Work out how many lines of the data contain "variables" and reply with that number alone.

-- -- --

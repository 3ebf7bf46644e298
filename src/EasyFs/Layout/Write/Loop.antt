-- ===== src/EasyFs/Layout/Write/Loop.antt =====
-- The rounds of `write_at`.
use r_core_tutorial_v3_arm.Base.{
  ℕ, zero, suc, ◌+◌, ◌-◌, ◌*◌, ◌/◌, ◌≤◌, ◌<◌, ◌≡◌, ap, ◌∙◌, subst, ◌≢◌, inl, inr, List, arith, ◌==◌,
  ==_iff, Bool-cases, length, Distinct, Run, done,
}
use r_core_tutorial_v3_arm.EasyFs.Layout.{DiskInode, with_indices, get_block_id, round_end}
use r_core_tutorial_v3_arm.EasyFs.Layout.Clear.{max_blocks}
use r_core_tutorial_v3_arm.EasyFs.Layout.Copy.{round_end-bounds, next_block}
use r_core_tutorial_v3_arm.EasyFs.Layout.Increase.Slots.{Represents}
use r_core_tutorial_v3_arm.EasyFs.Layout.Contents.{data_block, get_block_id-data_block}
use r_core_tutorial_v3_arm.EasyFs.Layout.Write.{write_loop}
use r_core_tutorial_v3_arm.EasyFs.Layout.Write.Round.{IsWritten, append-IsWritten, round-IsWritten}

abbrev pub wrote : ℕ → (ℕ → List ℕ) → Run (ℕ × (ℕ → List ℕ))
wrote count device = done (count, device)

module _ (inode : DiskInode) (all : List ℕ) (n : ℕ) (d : Distinct all) (m : n ≤ max_blocks)
    (l : with_indices n ≤ length all) where
  pub write_loop-IsWritten :
      (fuel : ℕ) (buf : List ℕ) (device : ℕ → List ℕ) (start start_block end from : ℕ)
      → Represents inode device all
      → start < end
      → end ≤ n * 512
      → end - start ≤ fuel
      → start_block ≡ start / 512
      → from + (end - start) ≤ length buf
      → (device' : ℕ → List ℕ) × (write_loop fuel inode buf device start start_block end from
          ≡ wrote (from + (end - start)) device')
        × IsWritten inode all n device device' start end buf from
  write_loop-IsWritten zero buf device start start_block end from r h e f b fits =
      absurd (omega (arith, h, f))
  write_loop-IsWritten (suc fuel) buf device start start_block end from r h e f b fits =
      let (before, after, inside) = round_end-bounds start end h in
      let (device', p, w) =
        round-IsWritten inode all n d m l device start (round_end start end) buf from r
          (omega (arith, before)) inside (omega (arith, h, e))
          (omega (arith, fits, after, before)) in
      let id : get_block_id inode start_block device ≡ done (data_block all (start / 512)) =
        ap (λ k. get_block_id inode k device) b
        ∙ get_block_id-data_block inode device all (start / 512) n r (omega (arith, h, e)) m l in
      elim (Bool-cases (round_end start end == end)) [
        | inl y ↦
            let last : round_end start end ≡ end = (==_iff (round_end start end) end).0 y in
            (
              device',
              rw (id, p, y) (ap (λ z. wrote (from + (z - start)) device') last),
              subst (λ z. IsWritten inode all n device device' start z buf from) last w,
            )
        | inr more ↦
            let ne : round_end start end ≢ end = λ same. ground (arith, more, same) in
            let (device'', q, v) =
              write_loop-IsWritten fuel buf device' (round_end start end) (suc start_block) end
                (from + (round_end start end - start)) w.kept (omega (arith, after, ne)) e
                (omega (arith, f, before)) (ap suc b ∙ next_block start end ne)
                (omega (arith, fits, after, before)) in
            let total : from + (round_end start end - start) + (end - round_end start end)
                ≡ from + (end - start) =
              omega (arith, before, after) in
            (
              device'',
              rw (id, p, more) (q ∙ ap (λ z. wrote z device'') total),
              append-IsWritten inode all n d m l device device' device'' start (round_end start end)
                  end buf from (omega (arith, before)) after e w v,
            )
      ]
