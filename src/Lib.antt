-- ===== src/Lib.antt =====
-- vcam-kmod: a verification library for the vcam kernel module.
--
-- The module is the kernel half of a virtual camera. A producer registers dma-buf descriptors as the
-- slots of a frame pool, submits frames to them, and a consumer takes frames, holds them, and gives
-- them back; no pixel is copied. The parts, and the files that model them:
--
--   * include/vcam_uapi.h -- Uapi (the structures, the flags), Uapi/Layout (their sizes on a 64-bit
--     machine), Uapi/Ioc (VCAM_IOC and the command numbers, and the `_IOC_*` decoders of
--     verify/linux-asm-generic-ioctl.h).
--   * src/vcam_logic.c -- Logic/Pose (vcam_pose_apply), Logic/Range (vcam_range_decide), Logic/Format
--     (vcam_format_reportable, vcam_format_validate); their theorems are in Logic/Pose/Laws and
--     Logic/Format/Laws.
--   * include/vcam_kmod.h and src/vcam_pool.c -- Pool/State (struct vcam_slot, struct vcam_pool,
--     vcam_pool_init), Pool/Producer (register, unregister, submit, destroy), Pool/Consumer (take,
--     acquire, dequeue, release, peek), Pool/Control (poll, the setters, get_stats), Pool/Step (a call
--     with its reply as one step, and sequences of calls). Each function `vcam_pool_<f>` is the
--     definition `<f>`. Pool/Stream/Defs says what a client sees of it: a stream of frames, without
--     slots.
--   * The same functions with their mutex -- Threads/Prog (a program is a tree of steps: lock, unlock,
--     read, write, a service of the kernel), Threads/Calls (each `vcam_pool_<f>` as the program `<f>`),
--     Threads/System (any number of threads on one pool, one step at a time). Threads/Discipline and
--     Threads/Implements relate a program to the call in one piece, Threads/Serial orders the calls
--     of threads, so that what holds of calls one after the other (Threads/Serial/Runs) holds of
--     threads: Threads/Queue reads the frames off such an order, Threads/Stream makes it a trace of
--     the stream of frames. Threads/Pose compares the poses too, Threads/Refs counts the references
--     that threads hold on their way, and Threads/Progress counts the steps of threads.
--   * src/vcam_ctrl.c -- Ctrl/Dispatch (vcam_ioctl and its handlers); a handler `vcam_ioctl_<f>` is
--     `ioctl_<f>`. Ctrl/Serves says what each command stands for, in terms of the pool's calls and of
--     the copies from and to user memory. vcam_open and vcam_release are in Main/Module.
--   * src/vcam_main.c -- Main/Module (vcam_init, vcam_exit, the parameters and the pool), Main/Fresh
--     (the pool of a module that has just been loaded).
--   * shim/vcam_shim_kernel.h -- Shim (the dma-buf registry of the offline harness), Shim/Counts (the
--     registry as a kernel), Shim/Pointers (ERR_PTR, IS_ERR, PTR_ERR).
--   * verify/ -- Verify/Ioctl (the macros of linux-asm-generic-ioctl.h, which the shim repeats),
--     Verify/Check (the assertions of ioctl_abi_check.c).
--   * tools/vcamctl.c -- Ctl (its self-test, as the ioctls that it makes), Ctl/Commands (the commands
--     that print, and main), Ctl/Alloc (alloc_buffer), Ctl/Whole (main with its system calls).
--   * tools/vcam_selftest.c -- Device/Memory (the variables of main), Device/Expect (expect_ok,
--     expect_err, expect_val), Device/Assignments (the assignments to its variables), Device/Program
--     (main, statement by statement), Device/Alloc (alloc_dmabuf), Device/Whole (main with its system
--     calls). Process is the interface of the system calls of both programs.
--
-- How the parts meet. A user's ioctl goes through Ctrl/Dispatch, which copies the argument in, calls
-- one operation of the pool and copies the answer out; a device glue layer calls the pool directly.
-- The services below the module that are not in the repository (dma_buf_get, dma_buf_put, the copies
-- from and to user memory, misc_register) are the fields of the record `Kernel`, a parameter of every
-- definition that uses them; what the module relies on is the record `CountsRefs`: each service counts
-- references as documented, while the counters have room. Shim/Counts fills it with the harness's
-- registry, so it is not empty.
--
-- Choices of the model.
--   * A call of the pool is a function from the pool and the state of the machine to a reply and the
--     new ones, and `run` makes calls one after the other. Every function of the pool takes the pool's
--     mutex before it first reads or writes the pool and holds it up to its last access; that this
--     gives calls of several threads an order is the subject of Threads/Serial. The one exception is
--     vcam_pool_dequeue, which reads the pose of the slot after the mutex is free: there the threads
--     are compared up to the pose in Threads/Serial, and with it in Threads/Pose; Pool/Unlocked puts
--     any calls before that read.
--     (vcam_ioctl_get_version reads without the mutex too, but only the number of slots, which no call
--     changes.)
--   * A step of a thread is an access to the pool, a call of the kernel, or an operation on the mutex;
--     accesses that follow each other under the mutex are one step. Each thread makes one call: a
--     thread with several is several threads of which each starts when the one before has returned.
--     The longest call has 6 steps, which is the bound in Threads/Progress. The step of another
--     process replaces the state of the machine by any other.
--     In `run` the machine is in any state before each call; `serve` of Main/Session threads one state
--     through, for the count of references.
--   * The structures are records, pointers are values, and a NULL dma-buf is `none`. So the guards
--     against NULL arguments have no counterpart. A C array is a list that is read and written by
--     index.
--   * A u32 or u64 is a natural number, an s32 or s64 an integer. Counters of u64 wrap. The one s32
--     subtraction, of the pose, wraps as the kernel's compiler flags make it. Sequence numbers are
--     only compared.
--   * Loops over the slots and planes are recursions on the number of rounds left, which is the bound
--     of the C loop.
--   * The proofs on the slots go through Pool/Change, which describes an operation as one of seven
--     changes of the slots: the invariant (Pool/Invariant, Pool/Safety), the state machine
--     (Pool/Lifecycle), the queue (Pool/Fifo) and the pose (Pool/Frozen) are treated by the change.
--   * The programs of tools/ run on the harness's registry, with their own variables as user memory. A
--     variable has one address, at which a read or write of its type succeeds. An `errno` is compared
--     by its Linux number.
--   * The macros of the ioctl encoding are computed on 64-bit words, the width of `sizeof`; for fields
--     within their bits no narrower shift loses a bit.
--
-- Not modelled: the log messages and the output but for the lines that the commands of vcamctl print,
-- the pixels that the programs write to their buffers, the operations tables and macros of module
-- registration, the memory wrappers of the shim, which have no state of their own here, mutex_init and
-- mutex_destroy (vcam_pool_destroy is not among the calls of the threads: a module is unloaded when
-- nobody has its device open), the unit tests under host/, which are tests of this code, and the build
-- and packaging scripts.
pub mod Base
pub mod Uapi
pub mod Kernel
pub mod Logic
pub mod Pool
pub mod Ctrl
pub mod Main
pub mod Shim
pub mod Threads
pub mod Verify
pub mod Process
pub mod Ctl
pub mod Device
pub mod Tests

-- -- --

- EXERCISE ANSWER
3